• _Your task_:
In the listing below, print exactly the lines between the line holding "let blocks = len / 4 * 3 in" and the line holding "let padding = padding_of bytes in", inclusive, and no more.
· · · · · · ·
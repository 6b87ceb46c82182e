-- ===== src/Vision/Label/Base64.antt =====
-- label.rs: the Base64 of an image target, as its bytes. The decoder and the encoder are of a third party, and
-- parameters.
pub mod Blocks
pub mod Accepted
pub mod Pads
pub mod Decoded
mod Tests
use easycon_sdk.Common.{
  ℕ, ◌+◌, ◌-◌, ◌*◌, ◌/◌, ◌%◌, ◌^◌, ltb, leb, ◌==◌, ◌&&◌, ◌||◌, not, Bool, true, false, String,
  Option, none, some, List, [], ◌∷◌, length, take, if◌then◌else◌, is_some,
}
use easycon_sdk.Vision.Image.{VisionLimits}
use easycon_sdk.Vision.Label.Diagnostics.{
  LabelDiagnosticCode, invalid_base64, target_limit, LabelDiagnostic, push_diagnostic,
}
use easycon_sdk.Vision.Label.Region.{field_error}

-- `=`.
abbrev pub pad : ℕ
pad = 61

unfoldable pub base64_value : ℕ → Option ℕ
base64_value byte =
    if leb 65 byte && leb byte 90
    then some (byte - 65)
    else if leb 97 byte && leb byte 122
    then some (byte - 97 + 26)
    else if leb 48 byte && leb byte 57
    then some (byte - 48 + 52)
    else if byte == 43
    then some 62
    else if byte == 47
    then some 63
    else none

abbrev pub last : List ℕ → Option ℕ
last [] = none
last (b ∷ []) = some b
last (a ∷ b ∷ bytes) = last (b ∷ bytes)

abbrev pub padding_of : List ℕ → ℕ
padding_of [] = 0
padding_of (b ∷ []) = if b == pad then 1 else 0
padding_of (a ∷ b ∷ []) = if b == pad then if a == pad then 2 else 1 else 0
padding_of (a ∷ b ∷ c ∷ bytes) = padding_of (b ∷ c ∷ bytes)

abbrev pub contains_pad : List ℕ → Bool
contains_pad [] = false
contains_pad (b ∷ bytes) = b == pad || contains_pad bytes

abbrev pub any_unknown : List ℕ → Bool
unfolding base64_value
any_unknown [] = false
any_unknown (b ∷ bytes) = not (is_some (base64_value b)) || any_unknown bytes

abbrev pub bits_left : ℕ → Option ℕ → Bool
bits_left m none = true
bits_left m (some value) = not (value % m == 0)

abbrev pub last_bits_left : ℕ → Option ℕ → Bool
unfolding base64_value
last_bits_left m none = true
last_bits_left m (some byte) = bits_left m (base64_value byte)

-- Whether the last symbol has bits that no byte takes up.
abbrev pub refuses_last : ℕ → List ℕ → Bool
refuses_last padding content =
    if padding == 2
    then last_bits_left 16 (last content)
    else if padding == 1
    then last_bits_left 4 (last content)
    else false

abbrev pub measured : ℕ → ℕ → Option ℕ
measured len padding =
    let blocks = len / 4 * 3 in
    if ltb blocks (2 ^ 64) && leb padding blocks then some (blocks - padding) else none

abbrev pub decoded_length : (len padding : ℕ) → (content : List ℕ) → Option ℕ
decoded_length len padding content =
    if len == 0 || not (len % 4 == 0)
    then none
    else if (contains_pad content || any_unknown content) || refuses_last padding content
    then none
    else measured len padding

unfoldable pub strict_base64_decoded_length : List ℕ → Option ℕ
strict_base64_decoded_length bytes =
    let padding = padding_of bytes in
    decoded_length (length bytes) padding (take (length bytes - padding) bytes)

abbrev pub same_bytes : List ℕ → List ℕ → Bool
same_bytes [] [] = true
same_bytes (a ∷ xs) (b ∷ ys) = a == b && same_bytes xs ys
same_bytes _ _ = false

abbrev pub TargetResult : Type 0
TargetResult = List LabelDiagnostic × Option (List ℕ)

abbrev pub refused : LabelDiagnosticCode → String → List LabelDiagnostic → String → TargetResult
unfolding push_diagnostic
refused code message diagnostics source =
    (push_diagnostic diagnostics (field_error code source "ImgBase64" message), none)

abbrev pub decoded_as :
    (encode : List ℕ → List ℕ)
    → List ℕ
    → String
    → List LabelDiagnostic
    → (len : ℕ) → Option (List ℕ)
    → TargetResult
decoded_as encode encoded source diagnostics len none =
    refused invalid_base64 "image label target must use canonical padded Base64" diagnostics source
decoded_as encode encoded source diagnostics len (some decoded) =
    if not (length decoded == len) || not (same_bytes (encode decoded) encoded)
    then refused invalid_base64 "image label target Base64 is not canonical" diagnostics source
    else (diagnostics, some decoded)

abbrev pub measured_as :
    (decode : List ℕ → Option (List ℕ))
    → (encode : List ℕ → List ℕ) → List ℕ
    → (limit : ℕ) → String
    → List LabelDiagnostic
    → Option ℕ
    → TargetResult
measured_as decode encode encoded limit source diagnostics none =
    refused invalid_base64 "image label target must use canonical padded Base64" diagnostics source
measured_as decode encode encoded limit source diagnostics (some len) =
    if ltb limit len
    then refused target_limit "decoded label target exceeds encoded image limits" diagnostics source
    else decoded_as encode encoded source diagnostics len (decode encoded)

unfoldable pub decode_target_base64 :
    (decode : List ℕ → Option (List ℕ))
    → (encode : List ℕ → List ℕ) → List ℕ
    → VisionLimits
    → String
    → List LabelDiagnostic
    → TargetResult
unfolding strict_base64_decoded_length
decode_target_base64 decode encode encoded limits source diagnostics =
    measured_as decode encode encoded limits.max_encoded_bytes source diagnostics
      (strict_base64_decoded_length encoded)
· · · · · · ·
• _Solution to the exercise_:
    let blocks = len / 4 * 3 in
    if ltb blocks (2 ^ 64) && leb padding blocks then some (blocks - padding) else none

abbrev pub decoded_length : (len padding : ℕ) → (content : List ℕ) → Option ℕ
decoded_length len padding content =
    if len == 0 || not (len % 4 == 0)
    then none
    else if (contains_pad content || any_unknown content) || refuses_last padding content
    then none
    else measured len padding

unfoldable pub strict_base64_decoded_length : List ℕ → Option ℕ
strict_base64_decoded_length bytes =
    let padding = padding_of bytes in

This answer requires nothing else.